Une commission pontificale pour la réforme liturgique était créée en 1948. Présidée par le cardinal Micara, nous trouvons parmi ses membres le R.P. Fernando Antonelli dont la vie et l'œuvre viennent d'être retracées par Nicola Giampietro[2]. Parmi les plus célèbres membres, notons le R.P. Agostino Béa, et surtout le secrétaire qui sera de toutes les commissions, Annibale Bugnini, directeur des Éphémérides liturgiques.
Et oui déjà, Mgr Bugnini qui, dès juillet 1946, était invité aux réunions du CPL (Centre de Pastorale Liturgique), et qui confiait au Père Duployé sur le chemin du retour : « J'admire ce que vous faites, mais le plus grand service que je puisse vous rendre est de ne jamais dire à Rome un mot de tout ce que je viens d'entendre[3]. »

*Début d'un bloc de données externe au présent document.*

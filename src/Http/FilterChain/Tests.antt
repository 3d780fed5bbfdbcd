-- ===== src/Http/FilterChain/Tests.antt =====
-- Runs of the chain of decoder filters.
use meliproxy.Http.FilterChain.{
  check_high_watermark, check_low_watermark, request_data_too_large, leave_buffered_data,
  continue_decoding, common_handle_buffer_data, stop_iteration, decode_trailers, loops,
  decode_headers_from, decode_data_from, decode_trailers_from, decode_headers_after,
  common_handle_after_headers_callback, apply_effect, common_handle_after_data_callback,
  common_handle_after_trailers_callback, dispatch_added_data, common_continue,
  continue_after_headers, decode_data_after, decode_trailers_after, ActiveStream, Call, DataStatus,
  Effect, Filter, body, completes, continue_data, continue_headers, continue_trailers, decode_data,
  decode_headers, gets_data, headers, step, trailers,
}
use meliproxy.Http.FilterChain.Steps.{calls-IsServed, IsReachable, starts, steps, IsServed}
use meliproxy.Http.FilterChain.Order.{AreIdle, IsOrderly}
use meliproxy.Http.FilterChain.Transparent.{IsTransparent}
use meliproxy.Http.FilterChain.Passing.{delivers_all-calls, delivers_all}
use meliproxy.Http.FilterChain.Buffering.{
  decode_data-buffered, buffer_filter-AddsNothing, fed, joined,
}
use meliproxy.Http.FilterChain.BufferFilter.{buffer_filter, no_effect}
use meliproxy.Shared.{
  ℕ, List, sym, none, ◌==◌, true, refl, if◌then◌else◌, Bytes, ◌⊎◌, ◌≡◌, subst, ◌∷◌, inl, inr, ◌++◌,
  false, [], some,
}

-- A filter that lets everything through.
abbrev passes_data : List Call → DataStatus × Bytes × Effect
passes_data (body bytes e ∷ cs) = (continue_data, bytes, no_effect)
passes_data (headers e ∷ cs) = (continue_data, [], no_effect)
passes_data (trailers ∷ cs) = (continue_data, [], no_effect)
passes_data [] = (continue_data, [], no_effect)

abbrev transparent : Filter
transparent = record {
  on_headers = λ cs. (continue_headers, no_effect);
  on_data = passes_data;
  on_trailers = λ cs. (continue_trailers, no_effect);
}

transparent-IsTransparent : IsTransparent transparent
transparent-IsTransparent = record {
  headers_status = λ cs. refl;
  headers_effect = λ cs. (refl, refl);
  data_status = status;
  data_left = λ bytes e cs ds k. subst (λ (x : List Call). (passes_data x).1 ≡ bytes) (sym k) refl;
  data_effect = effect;
  trailers_status = λ cs. refl;
  trailers_effect = λ cs. (refl, refl);
}
  where
    status : (cs : List Call) → (passes_data cs).0 ≡ continue_data
    status [] = refl
    status (body bytes e ∷ cs) = refl
    status (headers e ∷ cs) = refl
    status (trailers ∷ cs) = refl

    effect :
        (cs : List Call) → ((passes_data cs).2.adds ≡ none) × ((passes_data cs).2.replies ≡ false)
    effect [] = (refl, refl)
    effect (body bytes e ∷ cs) = (refl, refl)
    effect (headers e ∷ cs) = (refl, refl)
    effect (trailers ∷ cs) = (refl, refl)

-- The buffer filter first, and two others.
abbrev filters_of : ℕ → Filter
filters_of i = if i == 0 then buffer_filter else transparent

abbrev fresh_stream : ActiveStream
fresh_stream = record {
  active = λ i. record { headers_continued = false; stopped = false; calls = [] };
  buffered_request_data = none;
  buffer_limit = 3;
  above_high_watermark_called = false;
  request_trailers = false;
  decoder_filters_streaming = true;
  remote_complete = false;
  local_complete = false;
}

fresh-AreIdle : AreIdle (0 ∷ 1 ∷ 2 ∷ []) fresh_stream
fresh-AreIdle = ((refl, refl, refl), ((refl, refl, refl), ((refl, refl, refl), tt)))

delivers_all-calls_example :
    ((delivers_all
        (λ i. transparent)
        (0 ∷ 1 ∷ [])
        (headers false ∷ body (7 ∷ []) false ∷ trailers ∷ [])
        fresh_stream).active
      1).calls
    ≡ trailers ∷ body (7 ∷ []) false ∷ headers false ∷ []
delivers_all-calls_example =
    delivers_all-calls (λ i. transparent) (0 ∷ 1 ∷ []) 1 false (body (7 ∷ []) false ∷ trailers ∷ [])
      fresh_stream (refl, (refl, tt)) (transparent-IsTransparent, (transparent-IsTransparent, tt))
      ((refl, refl, refl), ((refl, refl, refl), tt)) refl tt refl refl

decode_data-buffered_example :
    (((fed filters_of
          (0 ∷ 1 ∷ 2 ∷ [])
          ((5 ∷ []) ∷ (6 ∷ []) ∷ [])
          (decode_headers filters_of (0 ∷ 1 ∷ 2 ∷ []) false fresh_stream)).active
        2).calls
      ≡ [])
    × (((decode_data filters_of (0 ∷ 1 ∷ 2 ∷ []) (7 ∷ []) true (
            fed filters_of
              (0 ∷ 1 ∷ 2 ∷ [])
              ((5 ∷ []) ∷ (6 ∷ []) ∷ [])
              (decode_headers filters_of (0 ∷ 1 ∷ 2 ∷ []) false fresh_stream))).active
          2).calls
        ≡ body (joined ((5 ∷ []) ∷ (6 ∷ []) ∷ []) ++ (7 ∷ [])) true ∷ headers false ∷ [])
unfolding joined
decode_data-buffered_example =
    decode_data-buffered filters_of 0 1 (2 ∷ []) 2 ((5 ∷ []) ∷ (6 ∷ []) ∷ []) (7 ∷ []) fresh_stream
      refl (transparent-IsTransparent, (transparent-IsTransparent, tt)) (refl, (refl, (refl, tt)))
      fresh-AreIdle refl refl refl refl refl

-- The headers, data, and a local reply.
abbrev replied : ActiveStream
replied = step filters_of (0 ∷ 1 ∷ 2 ∷ []) completes (
    step filters_of (0 ∷ 1 ∷ 2 ∷ []) (gets_data (7 ∷ []) true)
      (decode_headers filters_of (0 ∷ 1 ∷ 2 ∷ []) false fresh_stream))

replied-IsReachable : IsReachable filters_of (0 ∷ 1 ∷ 2 ∷ []) replied
replied-IsReachable =
    steps completes _
      (steps (gets_data (7 ∷ []) true) _ (starts false fresh_stream fresh-AreIdle) tt) tt

calls-IsServed_example :
    IsServed (replied.active 2).calls
    × (((replied.active 2).calls ≡ [])
        ⊎ (◌≡◌ {A = ℕ} 1 2)
        ⊎ (((replied.active 1).headers_continued ≡ true) × IsOrderly (replied.active 1).calls))
calls-IsServed_example =
    calls-IsServed filters_of (0 ∷ []) 1 (2 ∷ []) 2 replied (refl, (refl, (refl, tt)))
      (inr buffer_filter-AddsNothing, (inl (λ cs. refl), (inl (λ cs. refl), tt))) refl
      replied-IsReachable

-- A filter that stops at the headers and adds data at the trailers.
abbrev adding : Filter
adding = record {
  on_headers = λ cs. (stop_iteration, no_effect);
  on_data = passes_data;
  on_trailers = λ cs. (continue_trailers, record no_effect { adds = some (9 ∷ []) });
}

abbrev adding_first : ℕ → Filter
adding_first i = if i == 0 then adding else transparent

-- The filter behind it gets the added data before the headers.
data_before_headers :
    ((decode_trailers adding_first
        (0 ∷ 1 ∷ [])
        (decode_headers adding_first (0 ∷ 1 ∷ []) false fresh_stream)).active
      1).calls
    ≡ trailers ∷ headers false ∷ body (9 ∷ []) false ∷ []
unfolding decode_trailers decode_headers loops decode_headers_from decode_data_from
    decode_trailers_from decode_headers_after common_handle_after_headers_callback apply_effect
    check_high_watermark check_low_watermark request_data_too_large leave_buffered_data
    common_handle_after_data_callback common_handle_after_trailers_callback dispatch_added_data
    common_continue continue_after_headers decode_data_after decode_trailers_after
data_before_headers = refl

-- A filter that adds a body at the headers, and one that stops there.
abbrev adds_body : Filter
adds_body = record {
  on_headers = λ cs. (continue_headers, record no_effect { adds = some (9 ∷ []) });
  on_data = passes_data;
  on_trailers = λ cs. (continue_trailers, no_effect);
}

abbrev stops : Filter
stops = record {
  on_headers = λ cs. (stop_iteration, no_effect);
  on_data = passes_data;
  on_trailers = λ cs. (continue_trailers, no_effect);
}

abbrev adding_and_stopping : ℕ → Filter
adding_and_stopping i = if i == 0 then adds_body else if i == 2 then stops else transparent

-- When the second of them continues, the added body goes to the filter behind it only, and the filter between the
-- two gets neither the body nor the end of the stream.
body_bypasses_filter :
    ((continue_decoding adding_and_stopping 2
        (0 ∷ 1 ∷ 2 ∷ 3 ∷ [])
        (decode_headers adding_and_stopping (0 ∷ 1 ∷ 2 ∷ 3 ∷ []) true fresh_stream)).active
      1).calls
    ≡ headers false ∷ []
unfolding continue_decoding decode_headers loops decode_headers_from decode_data_from
    decode_headers_after common_handle_after_headers_callback apply_effect check_high_watermark
    check_low_watermark request_data_too_large leave_buffered_data common_handle_after_data_callback
    common_handle_buffer_data common_continue continue_after_headers decode_data_after
    decode_trailers_after
body_bypasses_filter = refl

body_reaches_last_filter :
    ((continue_decoding adding_and_stopping 2
        (0 ∷ 1 ∷ 2 ∷ 3 ∷ [])
        (decode_headers adding_and_stopping (0 ∷ 1 ∷ 2 ∷ 3 ∷ []) true fresh_stream)).active
      3).calls
    ≡ body (9 ∷ []) true ∷ headers false ∷ []
unfolding continue_decoding decode_headers loops decode_headers_from decode_data_from
    decode_headers_after common_handle_after_headers_callback apply_effect check_high_watermark
    check_low_watermark request_data_too_large leave_buffered_data common_handle_after_data_callback
    common_handle_buffer_data common_continue continue_after_headers decode_data_after
    decode_trailers_after
body_reaches_last_filter = refl

-- Data beyond the limit ends the request, and the filters behind the buffer filter never get it.
too_large :
    let all : ActiveStream =
      fed filters_of
        (0 ∷ 1 ∷ 2 ∷ [])
        ((5 ∷ []) ∷ (6 ∷ 7 ∷ 8 ∷ []) ∷ (9 ∷ []) ∷ [])
        (decode_headers filters_of (0 ∷ 1 ∷ 2 ∷ []) false fresh_stream) in
    (all.local_complete ≡ true) × ((all.active 1).calls ≡ [])
unfolding fed decode_headers decode_data loops decode_headers_from decode_data_from
    decode_headers_after common_handle_after_headers_callback apply_effect check_high_watermark
    check_low_watermark request_data_too_large leave_buffered_data common_handle_buffer_data
    common_handle_after_data_callback common_continue continue_after_headers decode_data_after
    decode_trailers_after buffer_filter
too_large = (refl, refl)
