-- ===== src/Http/HeaderMap.antt =====
-- The class HeaderMapImpl of envoy/envoy/source/common/http/header_map_impl.cc and header_map_impl.h: a list of
-- headers, with a pointer for each of the inline headers, which a trie finds by name. Keys and values
-- are C strings; how they are stored is the business of HeaderString. An entry of the list is named by
-- a number, and a pointer to it is that number.
pub mod Lookup
pub mod Closed
pub mod Pointers
pub mod Tests
use meliproxy.Shared.{
  Bytes, Option, some, none, List, bytes_eq, ◌++◌, ℕ, [], Bool, ◌&&◌, if◌then◌else◌, ◌+◌, ◌∷◌, true,
  false, length, ◌==◌,
}

-- `StaticLookupResponse`: an inline header and its key.
pub record Response : Type 0 where
  pub slot : ℕ
  pub name : Bytes

-- `StaticLookupEntry`, with the entries for the next bytes.
mutual
  pub data StaticLookupEntry : Type 0 where
    node : Option Response → Entries → StaticLookupEntry

  pub data Entries : Type 0 where
    no_entries : Entries
    entry : ℕ → StaticLookupEntry → Entries → Entries

abbrev pub new_entry : StaticLookupEntry
new_entry = node none no_entries

pub entry_at : ℕ → Entries → Option StaticLookupEntry
entry_at c no_entries = none
entry_at c (entry d e es) = if d == c then some e else entry_at c es

pub set_entry : ℕ → StaticLookupEntry → Entries → Entries
set_entry c e no_entries = entry c e no_entries
set_entry c e (entry d f es) = if d == c then entry d e es else entry d f (set_entry c e es)

abbrev pub or_new : Option StaticLookupEntry → StaticLookupEntry
or_new none = new_entry
or_new (some e) = e

-- `StaticLookupTable::add`
pub add : Bytes → Response → StaticLookupEntry → StaticLookupEntry
unfolding entry_at set_entry
add [] cb (node old es) = node (some cb) es
add (c ∷ key) cb (node old es) = node old (set_entry c (add key cb (or_new (entry_at c es))) es)

-- The constructor of `StaticLookupTable`: the inline headers under their own names, and a legacy name for
-- one of them.
pub add_all : List Response → StaticLookupEntry → StaticLookupEntry
unfolding add
add_all [] t = t
add_all (r ∷ rs) t = add_all rs (add r.name r t)

pub static_lookup_table : List Response → Bytes → Response → StaticLookupEntry
unfolding add_all
static_lookup_table inline_headers host_legacy host =
    add host_legacy host (add_all inline_headers new_entry)

-- `StaticLookupTable::find`
pub find_response : Bytes → StaticLookupEntry → Option Response
unfolding entry_at
find_response [] (node cb es) = cb
find_response (c ∷ key) (node cb es) = elim (entry_at c es) [
  | none ↦ none
  | some e ↦ find_response key e
]

-- `HeaderEntryImpl`
pub record HeaderEntry : Type 0 where
  pub id : ℕ
  pub key : Bytes
  pub value : Bytes

-- `HeaderMapImpl`
pub record HeaderMap : Type 0 where
  pub table : StaticLookupEntry
  pub headers : List HeaderEntry
  pub inline_headers : ℕ → Option ℕ
  pub next_id : ℕ

-- `headers_.emplace` at the end.
abbrev pub emplace : Bytes → Bytes → HeaderMap → HeaderMap
emplace key value m = record m {
  headers = m.headers ++ (record { id = m.next_id; key = key; value = value } ∷ []);
  next_id = m.next_id + 1;
}

abbrev pub point : ℕ → Option ℕ → (ℕ → Option ℕ) → ℕ → Option ℕ
point slot id inline_headers i = if i == slot then id else inline_headers i

-- `maybeCreateInline` with a value, which an entry that is there does not take.
pub maybe_create_inline : ℕ → Bytes → Bytes → HeaderMap → HeaderMap
maybe_create_inline slot key value m = elim (m.inline_headers slot) [
  | some id ↦ m
  | none ↦ record (emplace key value m) {
    inline_headers = point slot (some m.next_id) m.inline_headers;
  }
]

-- `insertByKey`, which `addViaMove` and the other additions come to.
pub insert_by_key : Bytes → Bytes → HeaderMap → HeaderMap
unfolding find_response maybe_create_inline
insert_by_key key value m = elim (find_response key m.table) [
  | some r ↦ maybe_create_inline r.slot r.name value m
  | none ↦ emplace key value m
]

-- `byteSize`
pub byte_size : List HeaderEntry → ℕ
byte_size [] = 0
byte_size (h ∷ hs) = length h.key + length h.value + byte_size hs

-- `get`
pub get_header : Bytes → List HeaderEntry → Option HeaderEntry
get_header key [] = none
get_header key (h ∷ hs) = if bytes_eq h.key key then some h else get_header key hs

-- `operator==`
pub equal_headers : List HeaderEntry → List HeaderEntry → Bool
equal_headers [] [] = true
equal_headers [] (j ∷ js) = false
equal_headers (i ∷ is) [] = false
equal_headers (i ∷ is) (j ∷ js) =
    bytes_eq i.key j.key && (bytes_eq i.value j.value && equal_headers is js)

pub erase_id : ℕ → List HeaderEntry → List HeaderEntry
erase_id id [] = []
erase_id id (h ∷ hs) = if h.id == id then hs else h ∷ erase_id id hs

-- `removeInline`
pub remove_inline : ℕ → HeaderMap → HeaderMap
unfolding erase_id
remove_inline slot m = elim (m.inline_headers slot) [
  | none ↦ m
  | some id ↦ record m {
    inline_headers = point slot none m.inline_headers;
    headers = erase_id id m.headers;
  }
]

pub remove_key : Bytes → List HeaderEntry → List HeaderEntry
remove_key key [] = []
remove_key key (h ∷ hs) = if bytes_eq h.key key then remove_key key hs else h ∷ remove_key key hs

-- `remove`
pub remove : Bytes → HeaderMap → HeaderMap
unfolding find_response remove_inline remove_key
remove key m = elim (find_response key m.table) [
  | some r ↦ remove_inline r.slot m
  | none ↦ record m { headers = remove_key key m.headers }
]
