-- ===== src/Http/HeaderMap/Lookup.antt =====
-- The static lookup table is a map from names.
use meliproxy.Http.HeaderMap.{
  StaticLookupEntry, Entries, node, no_entries, entry, new_entry, entry_at, set_entry, or_new, add,
  find_response, Response,
}
use meliproxy.Shared.{
  bytes_eq, [], Bytes, if◌then◌else◌, arith, ◌∷◌, ◌≡◌, ◌==◌, ℕ, some, Option, refl, none, ==_iff,
  ◌∙◌, ap, ◌&&◌, false, true, Bool,
}

entry_at-set_entry :
    (c d : ℕ) (e : StaticLookupEntry) (es : Entries)
    → entry_at c (set_entry d e es) ≡ (if d == c then some e else entry_at c es)
unfolding entry_at set_entry
entry_at-set_entry c d e no_entries = refl
entry_at-set_entry c d e (entry k f es) = ground (arith, entry_at-set_entry c d e es)

pub find_response-new_entry : (key : Bytes) → find_response key new_entry ≡ none
unfolding find_response entry_at
find_response-new_entry [] = refl
find_response-new_entry (c ∷ key) = refl

find_response-or_new :
    (key : Bytes) (o : Option StaticLookupEntry)
    → find_response key (or_new o) ≡ elim o [ none ↦ none | some e ↦ find_response key e ]
find_response-or_new key none = find_response-new_entry key
find_response-or_new key (some e) = refl

-- A name finds what was added last under it, and other names what they found before.
pub find_response-add :
    (key name : Bytes) (r : Response) (t : StaticLookupEntry)
    → find_response key (add name r t) ≡ (if bytes_eq name key then some r else find_response key t)
unfolding find_response add
find_response-add [] [] r (node old es) = refl
find_response-add [] (d ∷ name) r (node old es) = refl
find_response-add (c ∷ key) [] r (node old es) = refl
find_response-add (c ∷ key) (d ∷ name) r (node old es) =
    ap found (entry_at-set_entry c d (add name r (or_new (entry_at d es))) es)
    ∙ by_first (d == c) (λ t. (==_iff d c).0 t)
        (find_response-add key name r (or_new (entry_at d es)))
  where
    found : Option StaticLookupEntry → Option Response
    found o = elim o [ none ↦ none | some e ↦ find_response key e ]

    by_first :
        (b : Bool)
        → (b ≡ true → d ≡ c)
        → find_response key (add name r (or_new (entry_at d es)))
          ≡ (if bytes_eq name key then some r else find_response key (or_new (entry_at d es)))
        → found (if b then some (add name r (or_new (entry_at d es))) else entry_at c es)
          ≡ (if b && bytes_eq name key then some r else found (entry_at c es))
    by_first false s e = refl
    by_first true s e =
        e
        ∙ ap (λ x. if bytes_eq name key then some r else x)
            (find_response-or_new key (entry_at d es) ∙ ap (λ c. found (entry_at c es)) (s refl))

Ce furent la réforme du jeûne eucharistique, puis celle de la Semaine sainte, et une réforme des rubriques et du bréviaire[4]. Les experts romains ne réalisaient sans doute pas que toute réforme allait dans le sens des éléments les plus avancés du Mouvement liturgique, par le simple fait qu'elle ébranlait l'édifice. C'est ce qu'observait le Père Duployé en France : « Si nous parvenons à restaurer dans sa valeur première la vigile pascale, le Mouvement liturgique l'aura emporté ; je me donne dix ans pour cela[5]. »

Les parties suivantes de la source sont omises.